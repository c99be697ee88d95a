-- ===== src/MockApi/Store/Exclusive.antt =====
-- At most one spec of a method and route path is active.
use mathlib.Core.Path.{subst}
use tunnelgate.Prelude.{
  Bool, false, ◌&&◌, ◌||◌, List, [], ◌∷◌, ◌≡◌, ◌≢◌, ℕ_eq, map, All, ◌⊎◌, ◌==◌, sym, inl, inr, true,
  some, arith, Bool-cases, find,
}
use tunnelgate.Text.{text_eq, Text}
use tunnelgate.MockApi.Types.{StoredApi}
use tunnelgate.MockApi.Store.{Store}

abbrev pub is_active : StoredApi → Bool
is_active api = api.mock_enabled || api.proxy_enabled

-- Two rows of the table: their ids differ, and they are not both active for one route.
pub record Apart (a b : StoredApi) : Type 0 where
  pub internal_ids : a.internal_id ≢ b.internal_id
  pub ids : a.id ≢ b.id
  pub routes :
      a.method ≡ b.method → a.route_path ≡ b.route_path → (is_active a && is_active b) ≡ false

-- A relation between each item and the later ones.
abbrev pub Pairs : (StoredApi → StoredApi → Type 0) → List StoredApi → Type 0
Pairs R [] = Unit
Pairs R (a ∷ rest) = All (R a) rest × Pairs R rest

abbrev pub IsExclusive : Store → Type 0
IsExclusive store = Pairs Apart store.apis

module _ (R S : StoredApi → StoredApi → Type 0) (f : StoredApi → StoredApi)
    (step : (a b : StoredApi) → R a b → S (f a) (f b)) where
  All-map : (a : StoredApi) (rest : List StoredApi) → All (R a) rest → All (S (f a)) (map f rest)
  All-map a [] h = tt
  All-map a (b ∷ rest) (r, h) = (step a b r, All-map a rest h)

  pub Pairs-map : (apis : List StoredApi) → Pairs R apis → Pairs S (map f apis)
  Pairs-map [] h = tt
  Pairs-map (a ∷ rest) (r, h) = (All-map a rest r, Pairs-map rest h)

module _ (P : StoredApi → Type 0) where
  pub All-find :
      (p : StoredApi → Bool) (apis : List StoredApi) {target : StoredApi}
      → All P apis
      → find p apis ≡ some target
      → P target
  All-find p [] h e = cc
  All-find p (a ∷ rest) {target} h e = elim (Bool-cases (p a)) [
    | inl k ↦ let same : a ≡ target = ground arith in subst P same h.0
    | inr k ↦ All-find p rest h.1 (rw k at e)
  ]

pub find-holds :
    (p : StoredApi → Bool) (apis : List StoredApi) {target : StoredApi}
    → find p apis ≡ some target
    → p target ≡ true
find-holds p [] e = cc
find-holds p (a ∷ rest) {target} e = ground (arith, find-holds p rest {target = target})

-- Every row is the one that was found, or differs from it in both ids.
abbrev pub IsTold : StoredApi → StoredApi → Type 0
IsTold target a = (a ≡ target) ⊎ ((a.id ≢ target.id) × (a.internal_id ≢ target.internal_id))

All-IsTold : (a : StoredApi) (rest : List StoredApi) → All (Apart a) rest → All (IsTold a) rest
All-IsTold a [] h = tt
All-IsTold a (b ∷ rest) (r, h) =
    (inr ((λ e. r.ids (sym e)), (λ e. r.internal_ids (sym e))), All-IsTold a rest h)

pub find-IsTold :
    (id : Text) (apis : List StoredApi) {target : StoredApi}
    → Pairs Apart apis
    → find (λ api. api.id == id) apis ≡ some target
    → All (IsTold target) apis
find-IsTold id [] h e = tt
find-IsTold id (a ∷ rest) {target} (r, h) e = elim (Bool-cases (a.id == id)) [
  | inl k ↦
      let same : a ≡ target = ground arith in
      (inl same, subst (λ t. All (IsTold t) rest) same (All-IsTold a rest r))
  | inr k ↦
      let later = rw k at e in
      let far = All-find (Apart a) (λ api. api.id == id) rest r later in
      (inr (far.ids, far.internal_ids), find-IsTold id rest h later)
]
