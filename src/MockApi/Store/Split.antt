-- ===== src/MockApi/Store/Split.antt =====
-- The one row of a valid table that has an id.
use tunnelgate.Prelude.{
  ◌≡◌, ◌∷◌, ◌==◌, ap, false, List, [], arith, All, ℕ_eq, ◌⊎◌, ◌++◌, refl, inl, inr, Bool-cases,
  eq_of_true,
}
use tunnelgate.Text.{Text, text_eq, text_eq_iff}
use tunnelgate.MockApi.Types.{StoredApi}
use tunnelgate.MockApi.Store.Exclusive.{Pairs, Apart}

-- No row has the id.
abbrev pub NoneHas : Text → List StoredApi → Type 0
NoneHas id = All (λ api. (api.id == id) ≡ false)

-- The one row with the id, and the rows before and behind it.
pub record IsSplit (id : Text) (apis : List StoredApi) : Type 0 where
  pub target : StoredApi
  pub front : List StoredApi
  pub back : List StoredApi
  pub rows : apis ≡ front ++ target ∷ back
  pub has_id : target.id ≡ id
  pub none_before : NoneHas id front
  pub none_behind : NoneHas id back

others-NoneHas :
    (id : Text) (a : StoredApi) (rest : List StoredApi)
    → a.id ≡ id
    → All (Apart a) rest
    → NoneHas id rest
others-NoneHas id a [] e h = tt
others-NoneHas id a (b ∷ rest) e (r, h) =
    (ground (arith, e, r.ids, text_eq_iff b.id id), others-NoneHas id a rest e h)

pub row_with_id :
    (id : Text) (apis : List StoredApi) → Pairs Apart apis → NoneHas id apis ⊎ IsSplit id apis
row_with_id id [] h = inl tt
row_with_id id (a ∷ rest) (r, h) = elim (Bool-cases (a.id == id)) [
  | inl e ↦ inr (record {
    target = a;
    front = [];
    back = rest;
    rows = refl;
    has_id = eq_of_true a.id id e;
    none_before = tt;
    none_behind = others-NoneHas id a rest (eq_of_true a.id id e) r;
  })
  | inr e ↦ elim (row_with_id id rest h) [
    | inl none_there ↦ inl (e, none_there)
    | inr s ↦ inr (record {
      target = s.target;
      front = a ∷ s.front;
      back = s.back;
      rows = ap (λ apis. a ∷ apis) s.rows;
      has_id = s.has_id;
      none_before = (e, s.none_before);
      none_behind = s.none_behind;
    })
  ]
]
____________
Your task:
Only lines with the word "MockApi" count here; copy every one from the records.

Response box:
-- ===== src/MockApi/Store/Exclusive.antt =====
use tunnelgate.MockApi.Types.{StoredApi}
use tunnelgate.MockApi.Store.{Store}
filename src/MockApi/Store/Split.antt
-- ===== src/MockApi/Store/Split.antt =====
use tunnelgate.MockApi.Types.{StoredApi}
use tunnelgate.MockApi.Store.Exclusive.{Pairs, Apart}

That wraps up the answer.